● **Supplied records**:
————————
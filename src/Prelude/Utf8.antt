-- ===== src/Prelude/Utf8.antt =====
-- `str.encode()`: UTF-8, which has no form for a lone surrogate.
use Prim.Native.Nat.{ℕ, ◌+◌, ◌/◌, ◌%◌}
use mathlib.Core.Bool.{Bool, ◌&&◌}
use mathlib.Core.Option.{Option, none, some}
use mathlib.Core.List.{List, [], ◌∷◌, ◌++◌}
use wterm.Prelude.Tests.{ltb, leb, if◌then◌else◌}
use wterm.Prelude.Texts.{Text}

abbrev pub is_surrogate : ℕ → Bool
is_surrogate c = leb 0xd800 c && leb c 0xdfff

-- A continuation byte with the lowest six bits.
abbrev tail_byte : ℕ → ℕ
tail_byte c = 0x80 + c % 64

unfoldable pub encode_char : ℕ → Option (List ℕ)
encode_char c =
    if ltb c 0x80
    then some (c ∷ [])
    else if ltb c 0x800
    then some ((0xc0 + c / 64) ∷ tail_byte c ∷ [])
    else if is_surrogate c
    then none
    else if ltb c 0x10000
    then some ((0xe0 + c / 4096) ∷ tail_byte (c / 64) ∷ tail_byte c ∷ [])
    else some ((0xf0 + c / 262144) ∷ tail_byte (c / 4096) ∷ tail_byte (c / 64) ∷ tail_byte c ∷ [])

abbrev both : Option (List ℕ) → Option (List ℕ) → Option (List ℕ)
both none other = none
both (some bytes) none = none
both (some bytes) (some more) = some (bytes ++ more)

-- `none` is the UnicodeEncodeError.
unfoldable pub encode : Text → Option (List ℕ)
unfolding encode_char
encode [] = some []
encode (c ∷ text) = both (encode_char c) (encode text)
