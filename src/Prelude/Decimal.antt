-- ===== src/Prelude/Decimal.antt =====
-- `str(n)` and `int(text)` on numbers that are not negative.
use Prim.Native.Nat.{ℕ, zero, suc, ◌+◌, ◌-◌, ◌*◌, ◌/◌, ◌%◌, ◌≤◌, ◌<◌}
use mathlib.Core.Path.{◌≡◌, ap, ◌∙◌}
use mathlib.Core.List.{[], ◌∷◌}
use mathlib.Core.Bool.{Bool, true, ◌&&◌, ◌||◌, not}
use mathlib.Core.Option.{Option, none, some}
use mathlib.Core.Logic.{inl, inr}
use native.Mathlib.Omega.{arith}
use wterm.Prelude.Tests.{ltb, leb, eqb, if◌then◌else◌, Bool-cases, tests}
use wterm.Prelude.Lists.{All, is_nil}
use wterm.Prelude.Texts.{Text}

-- The digits of `n` in front of `acc`; the fuel counts the divisions by ten that are left.
unfoldable pub decimal_onto : ℕ → ℕ → Text → Text
decimal_onto zero n acc = acc
decimal_onto (suc fuel) n acc =
    let more = decimal_onto fuel (n / 10) ((b'0' + n % 10) ∷ acc) in
    if ltb n 10 then (b'0' + n) ∷ acc else more

-- str(n)
unfoldable pub decimal : ℕ → Text
unfolding decimal_onto
decimal n = decimal_onto (suc n) n []

-- int(text) for a text of decimal digits, `value` being that of the digits already read.
unfoldable pub read_onto : ℕ → Text → ℕ
read_onto value [] = value
read_onto value (c ∷ text) = read_onto (value * 10 + (c - b'0')) text

read_onto-decimal_onto :
    (fuel n : ℕ) (acc : Text) → n < fuel → read_onto 0 (decimal_onto fuel n acc) ≡ read_onto n acc
unfolding decimal_onto read_onto
read_onto-decimal_onto zero n acc h = absurd (omega arith)
read_onto-decimal_onto (suc fuel) n acc h = elim (Bool-cases (ltb n 10)) [
  | inl small ↦ rw small (ap (λ k. read_onto k acc) (omega arith))
  | inr big ↦ rw big (
      read_onto-decimal_onto fuel (n / 10) ((b'0' + n % 10) ∷ acc) (omega tests)
      ∙ ap (λ k. read_onto k acc) (omega arith))
]

-- The fuel of `decimal` is enough: what it prints is read back.
pub read_onto-decimal : (n : ℕ) → read_onto 0 (decimal n) ≡ n
unfolding decimal read_onto
read_onto-decimal n = read_onto-decimal_onto (suc n) n [] (omega arith)

pub IsDigit : ℕ → Type 0
IsDigit c = (b'0' ≤ c) × (c ≤ b'9')

decimal_onto-IsDigit :
    (fuel n : ℕ) (acc : Text) → All IsDigit acc → All IsDigit (decimal_onto fuel n acc)
unfolding decimal_onto IsDigit
decimal_onto-IsDigit zero n acc h = h
decimal_onto-IsDigit (suc fuel) n acc h = elim (Bool-cases (ltb n 10)) [
  | inl small ↦ rw small ((omega arith, omega tests), h)
  | inr big ↦ rw big (decimal_onto-IsDigit fuel (n / 10) _ ((omega arith, omega arith), h))
]

pub decimal-IsDigit : (n : ℕ) → All IsDigit (decimal n)
unfolding decimal
decimal-IsDigit n = decimal_onto-IsDigit (suc n) n [] tt

-- `str.isdigit` on one Latin-1 character of a header: the digits, and ², ³ and ¹.
unfoldable pub is_digit : ℕ → Bool
is_digit c = (leb b'0' c && leb c b'9') || eqb c 0xb2 || eqb c 0xb3 || eqb c 0xb9

unfoldable pub all_chars : (ℕ → Bool) → Text → Bool
all_chars p [] = true
all_chars p (c ∷ t) = p c && all_chars p t

unfoldable pub isdigit : Text → Bool
unfolding is_digit all_chars
isdigit t = not (is_nil t) && all_chars is_digit t

-- `int(text)` for a text of such characters: a ValueError if one is no decimal digit.
unfoldable pub to_int : Text → Option ℕ
unfolding all_chars read_onto
to_int t = if all_chars (λ c. leb b'0' c && leb c b'9') t then some (read_onto 0 t) else none
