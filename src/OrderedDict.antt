-- ===== src/OrderedDict.antt =====
-- Python's `dict` and `collections.OrderedDict`: the entries in insertion order, over keys with `==`.
-- A dict never holds a key twice; `remove` drops every entry of the key, which is that one.
use wterm.Prelude.{
  ℕ, suc, ◌+◌, ◌-◌, ◌≤◌, ◌≡◌, refl, Bool, true, false, Option, none, some, List, [], ◌∷◌, ◌++◌, map,
  arith, ltb, if◌then◌else◌, length, drop, DictKey, ◌==◌, Option-cases, Bool-cases,
}
pub mod Laws
pub mod Distinct
pub mod Newest

abbrev pub OrderedDict {ℓ κ} : Type ℓ → Type κ → Type (ℓ ⊔ κ)
OrderedDict K V = List (K × V)

module _ {ℓ κ} {K : Type ℓ} {V : Type κ} where
  -- `while len(d) > limit: d.popitem(last=False)`
  unfoldable pub trim : ℕ → OrderedDict K V → OrderedDict K V
  trim limit [] = []
  trim limit (x ∷ d) = let rest = trim limit d in if ltb limit (length (x ∷ d)) then rest else x ∷ d

module _ {ℓ κ} {K : Type ℓ} {V : Type κ} ⦃e : DictKey K⦄ where
  -- d.get(k)
  unfoldable pub get : K → OrderedDict K V → Option V
  get k [] = none
  get k ((j, v) ∷ d) = if j == k then some v else get k d

  -- d.pop(k, None), del d[k]
  unfoldable pub remove : K → OrderedDict K V → OrderedDict K V
  remove k [] = []
  remove k ((j, v) ∷ d) = let rest = remove k d in if j == k then rest else (j, v) ∷ rest

  -- d[k] = v: an old key keeps its place, a new one goes to the end.
  unfoldable pub put : K → V → OrderedDict K V → OrderedDict K V
  put k v [] = (k, v) ∷ []
  put k v ((j, w) ∷ d) = let rest = put k v d in if j == k then (j, v) ∷ d else (j, w) ∷ rest

  -- d.move_to_end(k), for a key that is there
  unfoldable pub move_to_end : K → OrderedDict K V → OrderedDict K V
  unfolding get remove
  move_to_end k d = elim (get k d) [ none ↦ d | some v ↦ remove k d ++ (k, v) ∷ [] ]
————————
● **Exercise brief**:
If a line in the data above holds the string "Option", copy it.

● **Solution for this problem**:
use mathlib.Core.Option.{Option, none, some}
unfoldable pub encode_char : ℕ → Option (List ℕ)
abbrev both : Option (List ℕ) → Option (List ℕ) → Option (List ℕ)
unfoldable pub encode : Text → Option (List ℕ)
use mathlib.Core.Option.{Option, none, some}
unfoldable pub to_int : Text → Option ℕ
  ℕ, suc, ◌+◌, ◌-◌, ◌≤◌, ◌≡◌, refl, Bool, true, false, Option, none, some, List, [], ◌∷◌, ◌++◌, map,
  arith, ltb, if◌then◌else◌, length, drop, DictKey, ◌==◌, Option-cases, Bool-cases,
  unfoldable pub get : K → OrderedDict K V → Option V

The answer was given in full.